Screenshot reading Welcome back to Research AI

Semantic Search & Research Insights : How Large Language Models are Changing Library Search Experiences

Stop me if you’ve heard this one before: “Your research question or thesis statement is useful but insufficient for starting your library search. You’ll need to extract some words or phrases from that sentence and probably look up a few synonyms or related terms for those keywords as backups.”

In the first quarter of the 21st century, keyword searching has been the most heavily used technique for online information retrieval by students, faculty, staff, and other academic library patrons. This was a much more user-friendly option for many than previous systems, but translating an information need or topic into relevant keywords was still an abstract process. 

Introducing Semantic Search

A different search paradigm is becoming more common: multiple Champlain College Library databases now offer optional modes supporting semantic or prompt-based search. When using Statista’s Research AI or O’Reilly Answers, patrons can ask questions or enter statements based on their research topic or information need. These tools then use artificial intelligence (AI) technologies such as natural language processing, sometimes augmented by large language models (LLMs), to interpret the question and run a database search based on that interpretation.

What those two tools do with those results is a crucial point of difference. Statista’s Research AI uses the LLM Claude 3 to generate a synthesis of the top results available in Statista that best address the user-provided question or prompt. Statista’s tool uses a technique called Retrieval Augmented Generation that restricts the model from basing those syntheses and insights on anything but sources findable and verifiable in the Statista database. However, the technique is not perfect, and errors may still occur.

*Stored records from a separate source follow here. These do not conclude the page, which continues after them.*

-- ===== src/Api/Resources.antt =====
-- iotronic/api/controllers: the classes of the REST API and their links, in base.py and link.py and in
-- the module of each resource.
pub mod Boards
pub mod Laws
pub mod Kinds
pub mod Collections
use Prim.Native.Char.{code}
use Prim.Native.String.{String}
use stack4things_openstack_i.Action.{Exception, Result, ok, raised}
use stack4things_openstack_i.Api.Utils.{ApiConf, check_for_invalid_fields}
use stack4things_openstack_i.Base.{
  Bool, List, Option, [], any, concat, false, if◌then◌else◌, length, map, none, some, str_eq, true,
  ℕ, ◌++◌, ◌==◌, ◌∷◌,
}
use stack4things_openstack_i.Base.{decimal}
use stack4things_openstack_i.Db.Filters.{filter_value}
use stack4things_openstack_i.Db.Schema.{Column, Row, Value, same_column}
use stack4things_openstack_i.Objects.{Object}
use stack4things_openstack_i.Wamp.Sessions.Joining.{online}

-- the names of the columns as attributes
unfoldable pub column_name : Column → String
column_name Column.id = "id"
column_name Column.uuid = "uuid"
column_name Column.code = "code"
column_name Column.status = "status"
column_name Column.name = "name"
column_name Column.type = "type"
column_name Column.agent = "agent"
column_name Column.owner = "owner"
column_name Column.project = "project"
column_name Column.fleet = "fleet"
column_name Column.lr_version = "lr_version"
column_name Column.connectivity = "connectivity"
column_name Column.mobile = "mobile"
column_name Column.config = "config"
column_name Column.extra = "extra"
column_name Column.hostname = "hostname"
column_name Column.online = "online"
column_name Column.wsurl = "wsurl"
column_name Column.ragent = "ragent"
column_name Column.updated_at = "updated_at"
column_name Column.longitude = "longitude"
column_name Column.latitude = "latitude"
column_name Column.altitude = "altitude"
column_name Column.board_id = "board_id"
column_name Column.valid = "valid"
column_name Column.session_id = "session_id"
column_name Column.board_uuid = "board_uuid"
column_name Column.public = "public"
column_name Column.callable = "callable"
column_name Column.parameters = "parameters"
column_name Column.plugin_uuid = "plugin_uuid"
column_name Column.onboot = "onboot"
column_name Column.port = "port"
column_name Column.protocol = "protocol"
column_name Column.service_uuid = "service_uuid"
column_name Column.public_port = "public_port"
column_name Column.vif_name = "VIF_name"
column_name Column.mac_add = "MAC_add"
column_name Column.ip = "ip"
column_name Column.network = "network"
column_name Column.description = "description"
column_name Column.secure = "secure"
column_name Column.http_port = "http_port"
column_name Column.https_port = "https_port"
column_name Column.dns = "dns"
column_name Column.zone = "zone"
column_name Column.main_request_uuid = "main_request_uuid"
column_name Column.destination_uuid = "destination_uuid"
column_name Column.pending_requests = "pending_requests"
column_name Column.action = "action"
column_name Column.request_uuid = "request_uuid"
column_name Column.result = "result"
column_name Column.message = "message"

-- wsme fills an attribute that the body or the row leaves out with Unset: it is not in `attributes`.
abbrev pub Attributes : Type 0
Attributes = List (String × Value)

pub record Link : Type 0 where
  pub rel : String
  pub href : String

-- An object of the API: `attributes` are those that `self.fields` names, `extras` are set beside.
pub record ApiObject : Type 0 where
  pub attributes : Attributes
  pub extras : Attributes
  pub locations : List Attributes
  pub links : List Link

pub record Collection : Type 0 where
  pub items : List ApiObject
  pub next : Option String

-- a class of the API: the columns of the object that it has an attribute for
pub record Kind : Type 0 where
  pub resource : String
  pub exposed : List Column
  pub linked : Bool

-- resource_args.startswith('?')
unfoldable is_query : String → Bool
is_query String.[] = false
is_query (String.◌∷◌ c s) = code c == b'?'

unfoldable pub build_url : String → String → String → Bool → String
unfolding is_query
build_url url resource args bookmark = concat url (
    concat (if bookmark then "/" else "/v1/")
      (concat resource (if is_query args then args else concat "/" args)))

abbrev pub make_link : String → String → String → String → Bool → Link
make_link rel url resource args bookmark = record {
  rel = rel;
  href = build_url url resource args bookmark;
}

-- APIBase.unset_fields_except
unfoldable pub unset_fields_except : List String → Attributes → Attributes
unset_fields_except fields [] = []
unset_fields_except fields ((k, v) ∷ d) =
    if any (str_eq k) fields
    then (k, v) ∷ unset_fields_except fields d
    else unset_fields_except fields d

-- if fields is not None: unset_fields_except(fields)
abbrev pub restrict : Option (List String) → Attributes → Attributes
restrict none d = d
restrict (some fs) d = unset_fields_except fs d

-- Class(**rpc_object.as_dict()).as_dict()
unfoldable pub attributes_of : ApiConf → List Column → Row → Attributes
unfolding column_name
attributes_of conf cs r = conf.timestamps r ++ map (λ c. (column_name c, r c)) cs

-- '%s' of a uuid, which is a text or None
abbrev pub uuid_text : Value → String
uuid_text (Value.str s) = s
uuid_text v = "None"

unfoldable pub self_links : ApiConf → String → Row → List Link
unfolding build_url
self_links conf resource r =
    make_link "self" conf.public_url resource (uuid_text (r Column.uuid)) false
    ∷ make_link "bookmark" conf.public_url resource (uuid_text (r Column.uuid)) true
    ∷ []

abbrev links_of : ApiConf → Kind → Row → List Link
links_of conf kind r = if kind.linked then self_links conf kind.resource r else []

abbrev check_fields : Option (List String) → Attributes → Result (Unit {0})
check_fields none d = ok tt
check_fields (some fs) d = check_for_invalid_fields fs d

abbrev rendered : Result (Unit {0}) → ApiObject → Result ApiObject
rendered (ok u) o = ok o
rendered (raised e) o = raised e

-- the class methods convert_with_links and _convert_with_links
unfoldable pub convert_with_links :
    ApiConf → Kind → Option (List String) → Object → Result ApiObject
unfolding attributes_of self_links unset_fields_except check_for_invalid_fields
convert_with_links conf kind fields o =
    rendered (check_fields fields (attributes_of conf kind.exposed o.row)) (record {
      attributes = restrict fields (attributes_of conf kind.exposed o.row);
      extras = [];
      locations = [];
      links = links_of conf kind o.row;
    })

-- [convert(n) for n in objects]
abbrev keep_first : Result ApiObject → Result (List ApiObject) → Result (List ApiObject)
keep_first (ok o) (ok os) = ok (o ∷ os)
keep_first (ok o) (raised e) = raised e
keep_first (raised e) rest = raised e

unfoldable pub convert_all : (Object → Result ApiObject) → List Object → Result (List ApiObject)
convert_all f [] = ok []
convert_all f (o ∷ os) = keep_first (f o) (convert_all f os)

O’Reilly Answers, meanwhile, points users directly to the most relevant passages from that database’s ebooks and videos after processing the user-provided question or prompt, meaning that the tool does not create generative AI-derived text.

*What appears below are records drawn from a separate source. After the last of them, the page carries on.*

-- ===== src/Api/Resources/Collections.antt =====
-- iotronic/api/controllers/v1/collection.py: the page of a listing, and the link to the next one.
use stack4things_openstack_i.Api.Resources.{ApiObject, Collection, Kind, uuid_text, build_url}
use Prim.Native.String.{String}
use stack4things_openstack_i.Action.{Exception, Result, ok, raised}
use stack4things_openstack_i.Api.Utils.{ApiConf}
use stack4things_openstack_i.Base.{
  Bool, List, Option, [], any, concat, false, if◌then◌else◌, length, none, some, ℕ, ◌==◌, ◌∷◌,
}
use stack4things_openstack_i.Base.{decimal}
use stack4things_openstack_i.Db.Filters.{filter_value}
use stack4things_openstack_i.Db.Schema.{Column, Value, same_column}

-- Collection.has_next
unfoldable pub has_next : List ApiObject → Option ℕ → Bool
has_next os none = false
has_next [] (some n) = false
has_next (o ∷ os) (some n) = length (o ∷ os) == n

-- self.collection[-1].uuid: classes without a uuid have no such attribute
abbrev last_of : ApiObject → List ApiObject → ApiObject
last_of o [] = o
last_of o (p ∷ os) = last_of p os

-- '%s' of an attribute, which may be Unset
abbrev marker_text : ApiConf → Option Value → String
marker_text conf none = conf.unset_text
marker_text conf (some v) = uuid_text v

-- next_args
unfoldable next_args : ApiConf → String → String → ℕ → Option Value → String
unfolding decimal
next_args conf sort_key sort_dir limit uuid = concat "?sort_key=" (
    concat sort_key (
      concat "&sort_dir=" (
        concat sort_dir
          (concat "&limit=" (concat (decimal limit) (concat "&marker=" (marker_text conf uuid)))))))

abbrev has_uuid : Kind → Bool
has_uuid kind = any (same_column Column.uuid) kind.exposed

-- Collection.get_next
unfoldable pub get_next :
    ApiConf → Kind → List ApiObject → Option ℕ → String → String → Result (Option String)
unfolding next_args build_url has_next any
get_next conf kind [] limit sort_key sort_dir = ok none
get_next conf kind os none sort_key sort_dir = ok none
get_next conf kind (o ∷ os) (some n) sort_key sort_dir =
    if has_next (o ∷ os) (some n)
    then if has_uuid kind
      then ok (
          some (
            build_url conf.public_url kind.resource
              (next_args conf sort_key sort_dir n (filter_value "uuid" (last_of o os).attributes))
              false))
      else raised Exception.attribute_error
    else ok none

abbrev collected : List ApiObject → Result (Option String) → Result Collection
collected os (ok next) = ok (record { items = os; next = next })
collected os (raised e) = raised e

-- XCollection.convert_with_links, after the objects are converted
unfoldable pub make_collection :
    ApiConf → Kind → Option ℕ → String → String → List ApiObject → Result Collection
unfolding get_next
make_collection conf kind limit sort_key sort_dir os =
    collected os (get_next conf kind os limit sort_key sort_dir)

More library databases will integrate new features such as semantic search, generated research insights, and more in the coming months, and many of these tools will be powered by large language models and generative AI. 

Access Statista Research AI from Within that Database

Select the Research AI link in the top-level navigation. That link may be consolidated on smaller screens or mobile devices under a hamburger button.

Screenshot of Research AI (New) link in Statista's main menu.

Access O’Reilly Answers from Within that Database

Select the Start Learning link in the top-level navigation. Then, select Answers. That link may be consolidated on smaller screens or mobile devices under a hamburger button. Note that you cannot directly link to the O’Reilly Answers interface; you will need to use the general O’Reilly database link.

Screenshot of O'Reilly. The Start Learning option in the menu is selected, which opened a drop-down in which one of the options in Answers.